### Data records
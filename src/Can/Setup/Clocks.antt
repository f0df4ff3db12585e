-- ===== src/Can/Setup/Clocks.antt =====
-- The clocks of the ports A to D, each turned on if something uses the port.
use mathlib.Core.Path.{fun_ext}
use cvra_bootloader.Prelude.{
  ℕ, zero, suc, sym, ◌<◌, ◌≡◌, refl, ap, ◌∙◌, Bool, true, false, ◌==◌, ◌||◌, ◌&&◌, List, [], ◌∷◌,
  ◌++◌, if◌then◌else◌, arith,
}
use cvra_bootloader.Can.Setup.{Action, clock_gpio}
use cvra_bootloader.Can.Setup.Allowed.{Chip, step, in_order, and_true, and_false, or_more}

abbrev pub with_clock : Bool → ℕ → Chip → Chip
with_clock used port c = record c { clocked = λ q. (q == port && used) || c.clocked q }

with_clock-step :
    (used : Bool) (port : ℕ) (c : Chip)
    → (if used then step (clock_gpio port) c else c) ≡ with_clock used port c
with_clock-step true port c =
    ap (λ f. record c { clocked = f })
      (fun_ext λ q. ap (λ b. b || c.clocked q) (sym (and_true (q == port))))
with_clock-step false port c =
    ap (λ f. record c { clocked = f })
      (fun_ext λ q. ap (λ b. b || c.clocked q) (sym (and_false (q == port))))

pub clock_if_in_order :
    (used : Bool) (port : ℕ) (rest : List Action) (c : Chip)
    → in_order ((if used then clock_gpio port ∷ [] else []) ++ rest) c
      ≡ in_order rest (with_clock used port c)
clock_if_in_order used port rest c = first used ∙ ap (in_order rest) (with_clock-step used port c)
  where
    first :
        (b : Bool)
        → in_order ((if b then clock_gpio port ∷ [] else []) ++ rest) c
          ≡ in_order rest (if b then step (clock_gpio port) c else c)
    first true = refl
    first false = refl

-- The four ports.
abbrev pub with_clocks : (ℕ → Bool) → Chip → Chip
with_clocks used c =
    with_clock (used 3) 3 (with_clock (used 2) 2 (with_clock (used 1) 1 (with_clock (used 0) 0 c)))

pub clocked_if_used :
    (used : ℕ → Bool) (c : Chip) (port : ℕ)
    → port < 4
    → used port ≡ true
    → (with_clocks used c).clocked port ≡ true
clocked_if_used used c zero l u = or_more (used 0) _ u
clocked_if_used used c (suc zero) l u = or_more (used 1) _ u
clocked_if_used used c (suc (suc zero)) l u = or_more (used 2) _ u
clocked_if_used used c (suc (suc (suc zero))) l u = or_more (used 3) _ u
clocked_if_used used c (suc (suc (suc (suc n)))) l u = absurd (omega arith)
---
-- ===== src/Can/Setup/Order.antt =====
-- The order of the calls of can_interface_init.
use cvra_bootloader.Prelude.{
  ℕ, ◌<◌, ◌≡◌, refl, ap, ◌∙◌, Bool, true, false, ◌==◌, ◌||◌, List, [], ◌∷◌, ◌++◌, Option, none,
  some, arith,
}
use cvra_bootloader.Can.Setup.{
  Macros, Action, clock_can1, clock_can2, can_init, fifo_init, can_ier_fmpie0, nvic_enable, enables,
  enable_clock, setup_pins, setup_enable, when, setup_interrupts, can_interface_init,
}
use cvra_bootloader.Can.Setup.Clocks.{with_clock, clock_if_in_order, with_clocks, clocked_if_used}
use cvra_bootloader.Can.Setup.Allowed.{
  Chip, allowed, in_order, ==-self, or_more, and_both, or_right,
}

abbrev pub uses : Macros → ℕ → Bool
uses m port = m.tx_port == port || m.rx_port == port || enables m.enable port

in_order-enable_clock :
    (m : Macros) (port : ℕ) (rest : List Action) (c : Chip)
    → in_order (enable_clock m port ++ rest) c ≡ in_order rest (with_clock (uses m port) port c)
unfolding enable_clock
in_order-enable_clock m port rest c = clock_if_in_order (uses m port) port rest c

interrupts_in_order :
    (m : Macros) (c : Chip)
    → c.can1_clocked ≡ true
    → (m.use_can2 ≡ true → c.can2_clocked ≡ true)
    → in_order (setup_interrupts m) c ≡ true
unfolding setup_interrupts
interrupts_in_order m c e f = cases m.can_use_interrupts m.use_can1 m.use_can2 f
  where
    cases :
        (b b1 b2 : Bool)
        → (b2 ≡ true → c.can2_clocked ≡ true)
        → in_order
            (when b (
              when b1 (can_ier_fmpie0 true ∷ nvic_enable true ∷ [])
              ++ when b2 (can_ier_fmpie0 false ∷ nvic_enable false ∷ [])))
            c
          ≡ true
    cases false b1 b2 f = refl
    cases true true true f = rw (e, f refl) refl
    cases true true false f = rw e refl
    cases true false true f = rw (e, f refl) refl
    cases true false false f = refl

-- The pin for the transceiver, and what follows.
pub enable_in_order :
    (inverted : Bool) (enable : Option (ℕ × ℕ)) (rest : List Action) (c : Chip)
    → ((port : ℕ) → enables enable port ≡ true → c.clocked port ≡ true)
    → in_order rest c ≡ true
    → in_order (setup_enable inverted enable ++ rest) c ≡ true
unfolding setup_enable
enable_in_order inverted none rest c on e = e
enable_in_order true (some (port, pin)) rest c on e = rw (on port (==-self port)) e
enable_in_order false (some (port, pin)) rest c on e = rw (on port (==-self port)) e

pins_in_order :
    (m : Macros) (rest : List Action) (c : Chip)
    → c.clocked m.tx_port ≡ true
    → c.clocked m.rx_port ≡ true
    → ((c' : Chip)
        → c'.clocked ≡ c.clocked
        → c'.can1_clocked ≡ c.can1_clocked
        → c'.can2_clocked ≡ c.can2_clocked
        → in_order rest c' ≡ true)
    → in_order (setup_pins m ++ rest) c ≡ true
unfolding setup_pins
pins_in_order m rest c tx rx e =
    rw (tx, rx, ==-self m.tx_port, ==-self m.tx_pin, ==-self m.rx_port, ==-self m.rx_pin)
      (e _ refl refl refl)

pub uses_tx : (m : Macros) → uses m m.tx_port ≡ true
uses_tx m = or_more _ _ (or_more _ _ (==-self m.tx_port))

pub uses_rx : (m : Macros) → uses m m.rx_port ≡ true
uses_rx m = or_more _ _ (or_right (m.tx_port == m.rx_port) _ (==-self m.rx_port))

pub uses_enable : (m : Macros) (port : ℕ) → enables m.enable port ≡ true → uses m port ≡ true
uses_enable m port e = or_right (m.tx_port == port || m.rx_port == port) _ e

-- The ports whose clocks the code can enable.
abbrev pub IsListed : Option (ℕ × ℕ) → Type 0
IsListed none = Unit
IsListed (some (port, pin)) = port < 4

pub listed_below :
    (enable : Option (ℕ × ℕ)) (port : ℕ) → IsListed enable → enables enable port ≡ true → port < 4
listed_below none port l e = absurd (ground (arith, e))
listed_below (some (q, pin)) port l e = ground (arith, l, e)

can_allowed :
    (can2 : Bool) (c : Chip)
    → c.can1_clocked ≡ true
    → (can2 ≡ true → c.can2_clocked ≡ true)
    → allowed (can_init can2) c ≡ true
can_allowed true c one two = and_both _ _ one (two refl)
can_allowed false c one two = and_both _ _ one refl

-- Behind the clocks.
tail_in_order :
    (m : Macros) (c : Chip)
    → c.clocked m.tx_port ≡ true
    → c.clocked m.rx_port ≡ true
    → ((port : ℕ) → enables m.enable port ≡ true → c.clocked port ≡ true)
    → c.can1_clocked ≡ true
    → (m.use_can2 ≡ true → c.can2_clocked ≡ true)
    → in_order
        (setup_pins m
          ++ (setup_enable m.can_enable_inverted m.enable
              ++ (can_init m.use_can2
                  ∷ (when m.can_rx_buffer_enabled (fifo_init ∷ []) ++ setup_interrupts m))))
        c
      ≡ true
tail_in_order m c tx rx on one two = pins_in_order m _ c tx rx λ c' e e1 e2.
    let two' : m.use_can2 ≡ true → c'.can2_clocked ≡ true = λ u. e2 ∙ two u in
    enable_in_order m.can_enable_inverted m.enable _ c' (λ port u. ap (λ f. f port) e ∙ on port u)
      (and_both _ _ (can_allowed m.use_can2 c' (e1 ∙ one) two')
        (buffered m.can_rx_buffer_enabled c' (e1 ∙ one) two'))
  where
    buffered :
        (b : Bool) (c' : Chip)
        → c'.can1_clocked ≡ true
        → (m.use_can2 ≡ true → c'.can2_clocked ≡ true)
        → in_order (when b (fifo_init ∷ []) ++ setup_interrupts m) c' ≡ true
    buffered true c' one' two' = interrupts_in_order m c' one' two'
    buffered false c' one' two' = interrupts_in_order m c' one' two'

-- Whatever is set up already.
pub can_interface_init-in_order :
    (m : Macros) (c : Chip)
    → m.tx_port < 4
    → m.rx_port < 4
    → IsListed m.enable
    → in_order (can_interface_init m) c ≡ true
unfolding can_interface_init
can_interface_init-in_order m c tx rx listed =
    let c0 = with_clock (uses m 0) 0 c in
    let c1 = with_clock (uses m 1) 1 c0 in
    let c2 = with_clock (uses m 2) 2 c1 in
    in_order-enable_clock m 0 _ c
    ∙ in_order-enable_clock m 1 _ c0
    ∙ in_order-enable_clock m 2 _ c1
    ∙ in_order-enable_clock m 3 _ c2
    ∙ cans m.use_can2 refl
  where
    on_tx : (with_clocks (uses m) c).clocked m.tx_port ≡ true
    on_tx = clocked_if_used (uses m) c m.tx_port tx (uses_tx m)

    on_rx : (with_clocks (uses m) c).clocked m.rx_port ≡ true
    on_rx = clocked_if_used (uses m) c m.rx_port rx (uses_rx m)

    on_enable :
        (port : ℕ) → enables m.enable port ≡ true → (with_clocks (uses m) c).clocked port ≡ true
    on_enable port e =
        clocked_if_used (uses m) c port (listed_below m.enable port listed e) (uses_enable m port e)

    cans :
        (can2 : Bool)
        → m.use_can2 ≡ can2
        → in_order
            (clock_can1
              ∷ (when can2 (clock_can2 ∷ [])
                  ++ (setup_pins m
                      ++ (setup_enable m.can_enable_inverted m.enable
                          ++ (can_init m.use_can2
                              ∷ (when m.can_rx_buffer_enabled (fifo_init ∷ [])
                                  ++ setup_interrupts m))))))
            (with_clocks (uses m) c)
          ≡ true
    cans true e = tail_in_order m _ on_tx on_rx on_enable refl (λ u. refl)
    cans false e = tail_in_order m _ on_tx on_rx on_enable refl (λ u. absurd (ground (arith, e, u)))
---
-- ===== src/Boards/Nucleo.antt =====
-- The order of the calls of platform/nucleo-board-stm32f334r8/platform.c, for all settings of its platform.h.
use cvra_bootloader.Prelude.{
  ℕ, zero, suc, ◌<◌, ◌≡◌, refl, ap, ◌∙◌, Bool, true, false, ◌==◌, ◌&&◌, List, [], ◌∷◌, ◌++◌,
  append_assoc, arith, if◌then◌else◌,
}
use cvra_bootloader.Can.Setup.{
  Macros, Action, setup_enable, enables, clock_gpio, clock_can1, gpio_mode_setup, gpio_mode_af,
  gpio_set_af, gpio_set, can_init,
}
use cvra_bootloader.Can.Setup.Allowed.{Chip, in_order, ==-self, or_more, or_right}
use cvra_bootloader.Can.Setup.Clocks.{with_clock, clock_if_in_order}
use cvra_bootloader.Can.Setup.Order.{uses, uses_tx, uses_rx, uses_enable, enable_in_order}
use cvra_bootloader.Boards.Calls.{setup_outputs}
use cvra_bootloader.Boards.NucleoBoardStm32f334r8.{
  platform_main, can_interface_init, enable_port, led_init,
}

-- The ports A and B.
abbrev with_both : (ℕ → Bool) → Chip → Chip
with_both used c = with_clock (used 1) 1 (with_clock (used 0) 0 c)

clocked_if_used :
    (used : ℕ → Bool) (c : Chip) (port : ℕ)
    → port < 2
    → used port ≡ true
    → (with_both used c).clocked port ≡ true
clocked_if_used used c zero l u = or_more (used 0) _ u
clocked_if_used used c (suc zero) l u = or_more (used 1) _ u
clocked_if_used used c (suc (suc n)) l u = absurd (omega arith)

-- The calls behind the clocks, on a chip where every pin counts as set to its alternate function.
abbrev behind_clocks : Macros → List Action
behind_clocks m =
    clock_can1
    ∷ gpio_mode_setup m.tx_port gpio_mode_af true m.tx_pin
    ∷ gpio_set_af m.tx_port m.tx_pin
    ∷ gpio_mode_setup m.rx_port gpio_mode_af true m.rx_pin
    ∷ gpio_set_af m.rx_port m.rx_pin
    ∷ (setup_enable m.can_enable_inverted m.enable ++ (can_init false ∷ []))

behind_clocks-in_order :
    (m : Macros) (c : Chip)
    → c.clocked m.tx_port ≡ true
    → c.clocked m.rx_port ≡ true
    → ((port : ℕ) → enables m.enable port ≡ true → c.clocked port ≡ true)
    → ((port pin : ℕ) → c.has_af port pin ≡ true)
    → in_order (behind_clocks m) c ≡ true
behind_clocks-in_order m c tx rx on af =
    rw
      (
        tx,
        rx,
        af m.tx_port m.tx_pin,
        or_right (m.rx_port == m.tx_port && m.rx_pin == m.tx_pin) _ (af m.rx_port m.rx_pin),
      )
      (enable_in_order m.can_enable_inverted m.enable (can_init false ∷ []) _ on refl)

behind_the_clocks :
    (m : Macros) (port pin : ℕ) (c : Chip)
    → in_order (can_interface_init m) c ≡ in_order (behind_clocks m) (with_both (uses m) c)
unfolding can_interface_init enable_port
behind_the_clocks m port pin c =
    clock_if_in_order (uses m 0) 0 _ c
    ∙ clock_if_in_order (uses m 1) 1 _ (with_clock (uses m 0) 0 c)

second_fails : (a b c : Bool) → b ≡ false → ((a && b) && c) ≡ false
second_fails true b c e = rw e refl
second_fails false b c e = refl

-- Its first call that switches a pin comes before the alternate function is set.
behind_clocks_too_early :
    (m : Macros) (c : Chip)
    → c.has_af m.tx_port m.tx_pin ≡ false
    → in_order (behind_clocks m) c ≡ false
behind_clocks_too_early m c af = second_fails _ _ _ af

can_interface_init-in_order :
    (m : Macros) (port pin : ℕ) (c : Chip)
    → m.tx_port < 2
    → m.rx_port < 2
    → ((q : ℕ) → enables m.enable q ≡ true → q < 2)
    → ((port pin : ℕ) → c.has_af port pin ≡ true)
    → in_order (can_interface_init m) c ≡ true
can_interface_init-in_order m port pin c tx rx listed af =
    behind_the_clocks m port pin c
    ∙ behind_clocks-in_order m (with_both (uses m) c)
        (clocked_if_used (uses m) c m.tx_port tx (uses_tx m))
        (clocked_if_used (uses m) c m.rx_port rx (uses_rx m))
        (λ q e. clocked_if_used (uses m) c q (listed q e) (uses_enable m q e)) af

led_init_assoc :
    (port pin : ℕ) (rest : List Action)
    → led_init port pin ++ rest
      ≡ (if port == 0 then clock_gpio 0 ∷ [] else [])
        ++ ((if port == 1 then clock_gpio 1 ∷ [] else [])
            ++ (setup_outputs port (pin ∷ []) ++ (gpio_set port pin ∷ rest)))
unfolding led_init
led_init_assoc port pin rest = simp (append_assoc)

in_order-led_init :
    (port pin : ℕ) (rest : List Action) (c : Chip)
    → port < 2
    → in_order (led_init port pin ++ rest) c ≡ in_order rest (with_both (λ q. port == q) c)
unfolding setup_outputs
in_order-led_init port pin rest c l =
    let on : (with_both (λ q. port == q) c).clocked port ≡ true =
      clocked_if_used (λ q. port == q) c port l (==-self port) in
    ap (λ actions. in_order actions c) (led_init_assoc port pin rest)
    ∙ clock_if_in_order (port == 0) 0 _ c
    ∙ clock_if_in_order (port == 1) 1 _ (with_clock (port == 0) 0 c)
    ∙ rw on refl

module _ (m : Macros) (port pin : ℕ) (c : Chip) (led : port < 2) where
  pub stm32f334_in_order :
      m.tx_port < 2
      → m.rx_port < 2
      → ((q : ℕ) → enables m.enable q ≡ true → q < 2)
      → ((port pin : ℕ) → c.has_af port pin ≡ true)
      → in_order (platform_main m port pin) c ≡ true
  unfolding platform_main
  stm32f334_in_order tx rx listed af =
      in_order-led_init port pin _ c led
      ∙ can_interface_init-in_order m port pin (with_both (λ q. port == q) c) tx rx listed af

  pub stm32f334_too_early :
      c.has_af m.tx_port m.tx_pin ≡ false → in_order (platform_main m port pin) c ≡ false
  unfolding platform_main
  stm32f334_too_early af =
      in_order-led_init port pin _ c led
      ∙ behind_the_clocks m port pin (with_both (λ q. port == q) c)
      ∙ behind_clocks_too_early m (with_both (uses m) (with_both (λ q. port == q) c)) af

### TASK ITEM
Among the records above, a stretch begins at the line containing "can_interface_init-in_order m port pin c" and ends at the line containing "1 ∷ [] else [])". Restate that stretch word for word, and nothing else.

### ANSWER BOX
can_interface_init-in_order m port pin c tx rx listed af =
    behind_the_clocks m port pin c
    ∙ behind_clocks-in_order m (with_both (uses m) c)
        (clocked_if_used (uses m) c m.tx_port tx (uses_tx m))
        (clocked_if_used (uses m) c m.rx_port rx (uses_rx m))
        (λ q e. clocked_if_used (uses m) c q (listed q e) (uses_enable m q e)) af

led_init_assoc :
    (port pin : ℕ) (rest : List Action)
    → led_init port pin ++ rest
      ≡ (if port == 0 then clock_gpio 0 ∷ [] else [])
        ++ ((if port == 1 then clock_gpio 1 ∷ [] else [])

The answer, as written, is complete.